192: A bit more options/configurations.

193: Improve GNOME by improving on GNOME 2.0. The 3.0 visual changes have got to go! I use GNOME Classic in Ubuntu 12.04 because I don't like the newest GNOME and it's changes. Also, please work with Intel to improve GNOME with their drivers.

194: You are awesome. Simply.

195: I know they don't care about this. Which is the biggest problem. They need to start caring or risk losing more users. Some of the changes are affecting Unity and I don't like the idea of Ubuntu having to segregate themselves further from the Gnome team to keep Unity as functional as it can be.
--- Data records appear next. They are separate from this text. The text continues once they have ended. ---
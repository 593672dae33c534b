-- ===== src/Voice/Schedules.antt =====
-- transcribePerTurn of apps/gateway/src/lib/voice/diarize.ts under every order of its workers.
use modelforge_ai.Base.{
  ℕ, ◌+◌, ◌≤◌, ◌<◌, ◌≡◌, ◌≢◌, refl, sym, ap, subst, ◌∙◌, inl, inr, Bool, true, false, ◌&&◌, Option,
  none, some, List, [], ◌∷◌, map, arith, ltb, Bool-cases, Option-cases, length, get_elem?,
  length-map, length-replicate,
}
use modelforge_ai.Base.Text.{nat_eq, eq_of_beq, beq_refl}
use modelforge_ai.Voice.Segments.{TranscriptSegment}
use modelforge_ai.Voice.Slices.{sort_segments}
use modelforge_ai.Voice.Slots.{
  idle_removes, idle_keeps, idle_self, length-put, get_elem?-put_ne, get_elem?-put_self,
  get_elem?-map, get_elem?-replicate, get_elem?_inside, lists_equal,
}
use modelforge_ai.Voice.Workers.{
  ClipAnswer, heard, cut_failed, asr_failed, PerTurnInput, PerTurnState, WorkerEvent, takes,
  answers, eligible_turns, worker_count, start_workers, is_busy, idle, put, outcome, clip_answer,
  note_answer, finish_slot, worker_step, run_workers, is_done, per_turn_of, present,
}

module _ (is_space : ℕ → Bool) (hear : ℕ → ℕ → ClipAnswer) (input : PerTurnInput) where
  abbrev pub turn_count : ℕ
  turn_count = length (eligible_turns input)

  -- What the clips of the turns give, one after the other.
  abbrev pub outcomes : List (Option TranscriptSegment)
  outcomes = map (outcome is_space hear input) (eligible_turns input)

  -- A slot that is taken and not waited for has its outcome; the others have nothing yet.
  pub record IsRun (s : PerTurnState) : Type 0 where
    pub sized : length s.results ≡ turn_count
    pub bounded : s.next ≤ turn_count
    pub taken : (i : ℕ) → is_busy i s.busy ≡ true → i < s.next
    pub given :
        (i : ℕ)
        → i < s.next
        → is_busy i s.busy ≡ false
        → get_elem? s.results i ≡ get_elem? outcomes i
    pub waiting : (i : ℕ) → is_busy i s.busy ≡ true → get_elem? s.results i ≡ some none
    pub untaken : (i : ℕ) → s.next ≤ i → i < turn_count → get_elem? s.results i ≡ some none

  pub start_workers-IsRun : IsRun (start_workers input)
  unfolding start_workers
  start_workers-IsRun = record {
    sized = length-replicate turn_count none;
    bounded = omega arith;
    taken = λ i h. cc;
    given = λ i h k. absurd (omega arith);
    waiting = λ i h. cc;
    untaken = λ i h k. get_elem?-replicate turn_count i none k;
  }

  take_slot-IsRun :
      (s : PerTurnState)
      → IsRun s
      → s.next < turn_count
      → IsRun (record s { next = s.next + 1; busy = s.next ∷ s.busy })
  take_slot-IsRun s r h = record {
    sized = r.sized;
    bounded = omega arith;
    taken = λ i k. ground (arith, r.taken i, eq_of_beq s.next i);
    given = λ i l k. r.given i (ground (arith, beq_refl i)) (ground arith);
    waiting = λ i k. elim (Bool-cases (is_busy i s.busy)) [
      | inl before ↦ r.waiting i before
      | inr new ↦ r.untaken i (ground arith) (ground arith)
    ];
    untaken = λ i l k. r.untaken i (omega arith) k;
  }

  finished_IsRun :
      (s : PerTurnState) (slot : ℕ) (o : Option TranscriptSegment)
      → IsRun s
      → is_busy slot s.busy ≡ true
      → get_elem? outcomes slot ≡ some o
      → IsRun (record s { busy = idle slot s.busy; results = put slot o s.results })
  finished_IsRun s slot o r h e = record {
    sized = length-put slot o s.results ∙ r.sized;
    bounded = r.bounded;
    taken = λ i k. r.taken i (idle_keeps i slot s.busy k);
    given = λ i l k. elim (Bool-cases (is_busy i s.busy)) [
      | inl before ↦ rw (idle_removes i slot s.busy before k) (
          get_elem?-put_self slot o s.results (omega (arith, r.taken slot h, r.sized, r.bounded))
            (r.waiting slot h)
          ∙ sym e)
      | inr free ↦ get_elem?-put_ne slot i o s.results (other i free) ∙ r.given i l free
    ];
    waiting = λ i k.
        get_elem?-put_ne slot i o s.results (still i k) ∙ r.waiting i (idle_keeps i slot s.busy k);
    untaken = λ i l k.
        get_elem?-put_ne slot i o s.results (λ q. absurd (omega (arith, r.taken slot h)))
        ∙ r.untaken i l k;
  }
    where
      other : (i : ℕ) → is_busy i s.busy ≡ false → slot ≢ i
      other i free q = let k : is_busy slot s.busy ≡ false = rw q free in cc

      still : (i : ℕ) → is_busy i (idle slot s.busy) ≡ true → slot ≢ i
      still i k q =
          let l : is_busy slot (idle slot s.busy) ≡ true =
            subst (λ x. is_busy x (idle slot s.busy) ≡ true) (sym q) k in
          let m = idle_self slot s.busy in cc

  noted_IsRun :
      (a : ClipAnswer) (s : PerTurnState) (busy : List ℕ)
      (results : List (Option TranscriptSegment))
      → IsRun (record s { busy = busy; results = results })
      → IsRun (record (note_answer is_space hear a s) { busy = busy; results = results })
  noted_IsRun cut_failed s busy results r = r
  noted_IsRun asr_failed s busy results r = r
  noted_IsRun (heard model language text confidence) s busy results r = record {
    sized = r.sized;
    bounded = r.bounded;
    taken = r.taken;
    given = r.given;
    waiting = r.waiting;
    untaken = r.untaken;
  }

  pub worker_step-IsRun :
      (e : WorkerEvent) (s after : PerTurnState)
      → IsRun s
      → worker_step is_space hear input e s ≡ some after
      → IsRun after
  unfolding worker_step
  worker_step-IsRun takes s after r h =
      elim (Bool-cases (ltb (length s.busy) (worker_count input) && ltb s.next turn_count)) [
        | inl can ↦
            let q : record s { next = s.next + 1; busy = s.next ∷ s.busy } ≡ after =
              (let k = rw can at h in cc) in
            subst IsRun q (take_slot-IsRun s r (ground arith))
        | inr cannot ↦ let k = rw cannot at h in cc
      ]
  worker_step-IsRun (answers slot) s after r h = elim (Bool-cases (is_busy slot s.busy)) [
    | inl waits ↦
        let (turn, found) =
          get_elem?_inside (eligible_turns input) slot
            (omega (arith, r.taken slot waits, r.bounded)) in
        let q : finish_slot is_space hear input slot (some turn) s ≡ after =
          (let k = rw (waits, found) at h in cc) in
        subst IsRun q (
          noted_IsRun (clip_answer is_space hear input turn) s _ _ (
            finished_IsRun s slot (outcome is_space hear input turn) r waits
              (get_elem?-map _ (eligible_turns input) slot turn found)))
    | inr idles ↦ let k = rw idles at h in cc
  ]

  pub run_workers-IsRun :
      (es : List WorkerEvent) (s after : PerTurnState)
      → IsRun s
      → run_workers is_space hear input es s ≡ some after
      → IsRun after
  unfolding run_workers
  run_workers-IsRun [] s after r h = subst IsRun (let k = h in cc) r
  run_workers-IsRun (e ∷ es) s after r h =
      elim (Option-cases (worker_step is_space hear input e s)) [
        | inl stuck ↦ let k = rw (run_workers, stuck) at h in cc
        | inr (next, stepped) ↦
            run_workers-IsRun es next after (worker_step-IsRun e s next r stepped)
              (rw (run_workers, stepped) at h)
      ]

  done_results :
      (s : PerTurnState) → IsRun s → is_done is_space hear input s ≡ true → s.results ≡ outcomes
  done_results s r h =
      lists_equal s.results outcomes
        (r.sized ∙ sym (length-map (eligible_turns input) (outcome is_space hear input)))
        λ i l.
          r.given i (omega (arith, all_taken, r.sized)) (rw (no_busy s.busy (ground arith)) refl)
    where
      all_taken : s.next ≡ turn_count
      all_taken = ground arith

      no_busy : (busy : List ℕ) → length busy ≡ 0 → busy ≡ []
      no_busy [] k = refl
      no_busy (b ∷ bs) k = absurd (omega arith)

  -- In whatever order the workers go on: when they are done, the segments are those that the turns give one
  -- after the other, in the order of their starts.
  pub per_turn_of-any_order :
      (es : List WorkerEvent) (s : PerTurnState)
      → run_workers is_space hear input es (start_workers input) ≡ some s
      → is_done is_space hear input s ≡ true
      → (per_turn_of is_space hear s).segments ≡ sort_segments (present outcomes)
  per_turn_of-any_order es s h done =
      ap (λ rs. sort_segments (present rs))
        (done_results s (run_workers-IsRun es (start_workers input) s start_workers-IsRun h) done)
196: push Online Accounts and generally "standardized" data exchange (CalDAV, CardDAV, ownCloud)!

197: Every time Gnome almost gets the futures that I want working, it's re-written from scratch. Example: multiseat support GDM etc. I use MATE now and MDM. I wonder what Enterprise Linux workstations will use in the future. CAD systems like Cadence need focus follows mouse, but it seems totally at odds with Gnome 3.

I believe Gnome 3 should exist, it just should have had a completely different name since it is a totally different product from traditional Gnome.

If I invested years of my life building an Applet for Gnome 2.x and you obsoleted my platform, I'd be very angry.

198: Gnome 3 is not completed software. It has potential but currently is awful for daily use. Gnome's definition of "stable" and "final" are much different than that of its end users. Gnome needs to stop removing features and calling that an improvement. That is unacceptable. Gnome developers' view that the desktop should become more like mobile OS's or that the majority of Gnome users are on touch screens is both flawed and has no basis in reality. I use Gnome on a regular desktop computer, not a cute little touch enabled tablet, nor will I ever. Please, please, please stop deluding yourself into thinking that Gnome needs to turn into a mobile OS, or that your main target audience should primarily be inexperienced users. Your actual users are sick of this mentality and becoming more bitter by the day if they haven't already jumped ship. And make no mistake, the ship IS sinking.

I am a software developer interested in getting involved in more open source projects. However, the direction and mentality of the Gnome project does little for enticing me to join or contribute to the project for reasons already mentioned. A shame because I used to be very enthusiastic about Gnome 2.

199: Decent on screen keyboard is absolutely necessary for tablet pc.
Super user authentication blocks any means of input available on tablet pc -- impossible to use without hardware keyboard.
more flexible vertical maximization would be nice (like in Windows).
Nautilus has been robbed of functions useful for me like: compact list and dual pane mode. No useful extensions.

extensions.gnome.org is outstanding idea, I love it.

200: Stop deleting stuff, like gnome classic mode, which by the way is the only reason Im able to use Gnome 3 in a productive way.